Something about Japanese educational culture I thought was valuable was the emphasis on Hard Work rather than innate Intelligence.

There is this image that kids who study hard at school, go to cram school, spend their entire life outside of school memorizing and studying will do well on the college entrance exams.

Kids are criticized for Lack of Effort rather than Lack of Intelligence or stupidity.

So here’s a study that says students who believe intelligence is an innate, unchanging skill are less likely to challenge themselves, feel helpless at their failures, and overall score lower in the long term than kids who believe intelligence is malleable (or that we can “grow” our brains.)

I think about how I treat girl1 and girl2 and how I say things like “You’re so smart” and I wonder if I’m setting them up for future failure? I am firmly in the “if you try hard enough you can do most anything” camp, although it’s something I DIDN’T believe as a school child.

Living in Japan showed me how far single minded determination can get you.

I guess I need to start changing my praise to “See how all that practicing paid off in your piano skills” or “You worked really hard at that homework” or whatever.

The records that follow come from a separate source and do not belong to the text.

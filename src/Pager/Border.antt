-- ===== src/Pager/Border.antt =====
-- The border in a table between the rows that pages have gone through and those that are left, and
-- how a page with its checkpoint moves it.
use mathlib.Core.List.{append_assoc}
use pxc_anonymizer.Prelude.{
  ℕ, ◌<◌, ◌≡◌, ◌≢◌, refl, sym, ap, ◌∙◌, Bool, true, Option, none, some, List, [], ◌∷◌, ◌++◌, take,
  length, length-map, arith, All, Bool-cases, List-cases, inl, inr,
}
use pxc_anonymizer.Errors.{Result, ok, ok_injective}
use pxc_anonymizer.Sql.{Value, SavedRow}
use pxc_anonymizer.Checkpoint.{Key, Progress, loaded}
use pxc_anonymizer.Checkpoint.Cursor.{Formats, encode, decode}
use pxc_anonymizer.Checkpoint.RoundTrip.{IsLossless, IsKeyValue, decode-encode}
use pxc_anonymizer.SqlStep.Durability.{upsert}
use pxc_anonymizer.Pager.{Row, last_key}
use pxc_anonymizer.Pager.Storage.{Entry, View, selected, end_of}
use pxc_anonymizer.Pager.Updates.{Image, Images}
use pxc_anonymizer.Pager.Rows.{page_rows, Advance}

end_of-append :
    (cursor : List Value) (xs ys : List Entry)
    → end_of cursor (xs ++ ys) ≡ end_of (end_of cursor xs) ys
end_of-append cursor [] ys = refl
end_of-append cursor (x ∷ xs) ys = end_of-append x.pk xs ys

-- A row with a cursor loads as the key that the cursor encodes.
loaded-some :
    (F : Formats) (k : Key) (r : SavedRow) (p : Progress) (pk : List Value)
    → r.cursor ≢ []
    → decode F r.cursor ≡ ok pk
    → loaded F k (some r) ≡ ok p
    → (p.last_pk ≡ pk) × (p.done ≡ r.done)
unfolding loaded
loaded-some F k r p pk nonempty d h = elim (List-cases r.cursor) [
  | inl e ↦ absurd (nonempty e)
  | inr (x, xs, e) ↦ ground arith
]

upsert_fields :
    (o : Option SavedRow) (k : Key) (cursor : List ℕ) (p : Progress)
    → ((upsert o k cursor p).cursor ≡ cursor) × ((upsert o k cursor p).done ≡ p.done)
upsert_fields none k cursor p = (refl, refl)
upsert_fields (some r) k cursor p = (refl, refl)

module _ (transform : Row → Result (List Value)) (ignored : Entry → Bool) where
  Images-append :
      (ws xs ys zs : List Entry)
      → Images transform ignored ws xs
      → Images transform ignored ys zs
      → Images transform ignored (ws ++ ys) (xs ++ zs)
  Images-append [] [] ys zs h k = k
  Images-append [] (x ∷ xs) ys zs h k = absurd h
  Images-append (w ∷ ws) [] ys zs h k = absurd h
  Images-append (w ∷ ws) (x ∷ xs) ys zs h k = (h.0, Images-append ws xs ys zs h.1 k)

  -- Rows of which none is selected are their own images.
  Images-ignored : (es : List Entry) → selected ignored es ≡ [] → Images transform ignored es es
  Images-ignored [] h = tt
  Images-ignored (e ∷ es) h = elim (Bool-cases (ignored e)) [
    | inl skip ↦ (Image.skipped skip, Images-ignored es (rw skip at h))
    | inr keep ↦ absurd (no_rows (rw keep at h))
  ]
    where
      no_rows : e ∷ selected ignored es ≡ [] → ⊥
      no_rows z = cc

  Image-pk : {d e : Entry} → Image transform ignored d e → e.pk ≡ d.pk
  Image-pk (Image.skipped h) = refl
  Image-pk (Image.replaced a vs keep lt tr) = refl

  -- What holds of every key holds of the keys of the images.
  Images-All :
      (P : List Value → Type 0) (ds es : List Entry)
      → Images transform ignored ds es
      → All (λ d. P d.pk) ds
      → All (λ e. P e.pk) es
  Images-All P [] [] h k = tt
  Images-All P [] (e ∷ es) h k = absurd h
  Images-All P (d ∷ ds) [] h k = absurd h
  Images-All P (d ∷ ds) (e ∷ es) h k = (rw (Image-pk h.0) k.0, Images-All P ds es h.1 k.1)

All-end_of :
    (P : List Value → Type 0) (cursor : List Value) (es : List Entry)
    → P cursor
    → All (λ e. P e.pk) es
    → P (end_of cursor es)
All-end_of P cursor [] h k = h
All-end_of P cursor (e ∷ es) h k = All-end_of P e.pk es k.0 k.1

pub All-split : (P : Entry → Type 0) (xs ys : List Entry) → All P (xs ++ ys) → All P xs × All P ys
All-split P [] ys h = (tt, h)
All-split P (x ∷ xs) ys h = let (l, r) = All-split P xs ys h.1 in ((h.0, l), r)

module _ (F : Formats) (k : Key) (transform : Row → Result (List Value)) (ignored : Entry → Bool)
    (originals : List Entry) where
  -- The rows before the border are the images of the original ones, in order; the rows after it are
  -- the original ones. A checkpoint row that loads has its cursor at the border, and says `done`
  -- only if nothing is selected after it.
  pub record IsBorder (v : View) : Type 0 where
    pub gone : List Entry
    pub written : List Entry
    pub left : List Entry
    pub original : originals ≡ gone ++ left
    pub split : v.rows ≡ written ++ left
    pub images : Images transform ignored gone written
    pub resumes :
        (p : Progress)
        → loaded F k v.saved ≡ ok p
        → (p.last_pk ≡ end_of [] written) × (p.done ≡ true → selected ignored left ≡ [])

  -- A table that says `done` has the images of all its original rows.
  pub IsBorder-done :
      {v : View} (p : Progress)
      → IsBorder v
      → loaded F k v.saved ≡ ok p
      → p.done ≡ true
      → Images transform ignored originals v.rows
  IsBorder-done p b h d =
      rw (b.original, b.split)
        (Images-append transform ignored b.gone b.written b.left b.left b.images
          (Images-ignored transform ignored b.left ((b.resumes p h).1 d)))

  -- A page that was not full leaves the images of all rows.
  pub IsBorder-exhausted :
      (keys n : ℕ) (before after : View) (b : IsBorder before)
      → Advance transform ignored keys b.written b.left n before after
      → length (take n (selected ignored b.left)) < n
      → Images transform ignored originals after.rows
  IsBorder-exhausted keys n before after b a short =
      rw (b.original, ap (λ (v : View). v.rows) a.result, a.split)
        (Images-append transform ignored b.gone b.written _ _ b.images (
          Images-append transform ignored a.gone a.written a.left a.left a.images
            (Images-ignored transform ignored a.left (a.exhausted short))))

  module _ (L : IsLossless F) (keys : ℕ)
      (keyed : All (λ e. All (IsKeyValue F) e.pk) originals) where
    -- A page and its checkpoint move the border.
    pub IsBorder-Advance :
        (n : ℕ) (rows : List Row) (before after : View) (p p' : Progress) (cursor : List ℕ)
        (b : IsBorder before)
        → loaded F k before.saved ≡ ok p
        → rows ≡ page_rows keys (take n (selected ignored b.left))
        → Advance transform ignored keys b.written b.left n before after
        → p'.last_pk ≡ last_key p.last_pk rows
        → (p'.done ≡ true → length rows < n)
        → encode F p'.last_pk ≡ ok cursor
        → IsBorder (record after { saved = some (upsert after.saved k cursor p') })
    IsBorder-Advance n rows before after p p' cursor b loads page a ends full encoded = record {
      gone = b.gone ++ a.gone;
      written = b.written ++ a.written;
      left = a.left;
      original = original';
      split = ap (λ (v : View). v.rows) a.result ∙ sym (append_assoc b.written a.written a.left);
      images = images';
      resumes = resumes';
    }
      where
        images' : Images transform ignored (b.gone ++ a.gone) (b.written ++ a.written)
        images' =
            Images-append transform ignored b.gone b.written a.gone a.written b.images a.images

        original' : originals ≡ (b.gone ++ a.gone) ++ a.left
        original' =
            b.original ∙ ap (λ es. b.gone ++ es) a.split ∙ sym (append_assoc b.gone a.gone a.left)

        end : p'.last_pk ≡ end_of [] (b.written ++ a.written)
        end =
            rw (ends, page, (b.resumes p loads).0, end_of-append []) (a.ends (end_of [] b.written))

        keyed' : All (IsKeyValue F) p'.last_pk
        keyed' = rw end (
            All-end_of (All (IsKeyValue F)) [] (b.written ++ a.written) tt (
              Images-All transform ignored (All (IsKeyValue F)) (b.gone ++ a.gone)
                (b.written ++ a.written) images'
                (All-split (λ e. All (IsKeyValue F) e.pk) (b.gone ++ a.gone) a.left
                  (rw original' at keyed)).0))

        row : SavedRow
        row = upsert after.saved k cursor p'

        decoded : (row.cursor ≢ []) × (decode F row.cursor ≡ ok p'.last_pk)
        decoded =
            let (written, e, nonempty, d) = decode-encode F L p'.last_pk keyed' in
            let same : row.cursor ≡ written =
              (upsert_fields after.saved k cursor p').0 ∙ ok_injective (sym encoded ∙ e) in
            (rw same nonempty, rw same d)

        resumes' :
            (q : Progress)
            → loaded F k (some row) ≡ ok q
            → (q.last_pk ≡ end_of [] (b.written ++ a.written))
              × (q.done ≡ true → selected ignored a.left ≡ [])
        resumes' q loads' =
            let (pk, done) = loaded-some F k row q p'.last_pk decoded.0 decoded.1 loads' in
            (
              pk ∙ end,
              λ d. a.exhausted (
                  rw (page, length-map, length-map) at
                    (full (sym (upsert_fields after.saved k cursor p').1 ∙ sym done ∙ d))),
            )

The scariest thing I read in the article was that those who believed intelligence was fixed

“… had negative views of effort, believing that having to work hard at something was a sign of low ability. They thought that a person with talent or intelligence did not need to work hard to do well. Attributing a bad grade to their own lack of ability, those with a fixed mind-set said that they would study less in the future, try never to take that subject again and consider cheating on future tests.”

Working hard as a sign of low ability? Lord help us all. What a destructive mind set. I want the girls to believe in hard work. Am I wrong or does there seem to be a shift in the USAian mindset from our grandparents’ “hard work is everything” to “quick buck from our intelligent schemes” generation?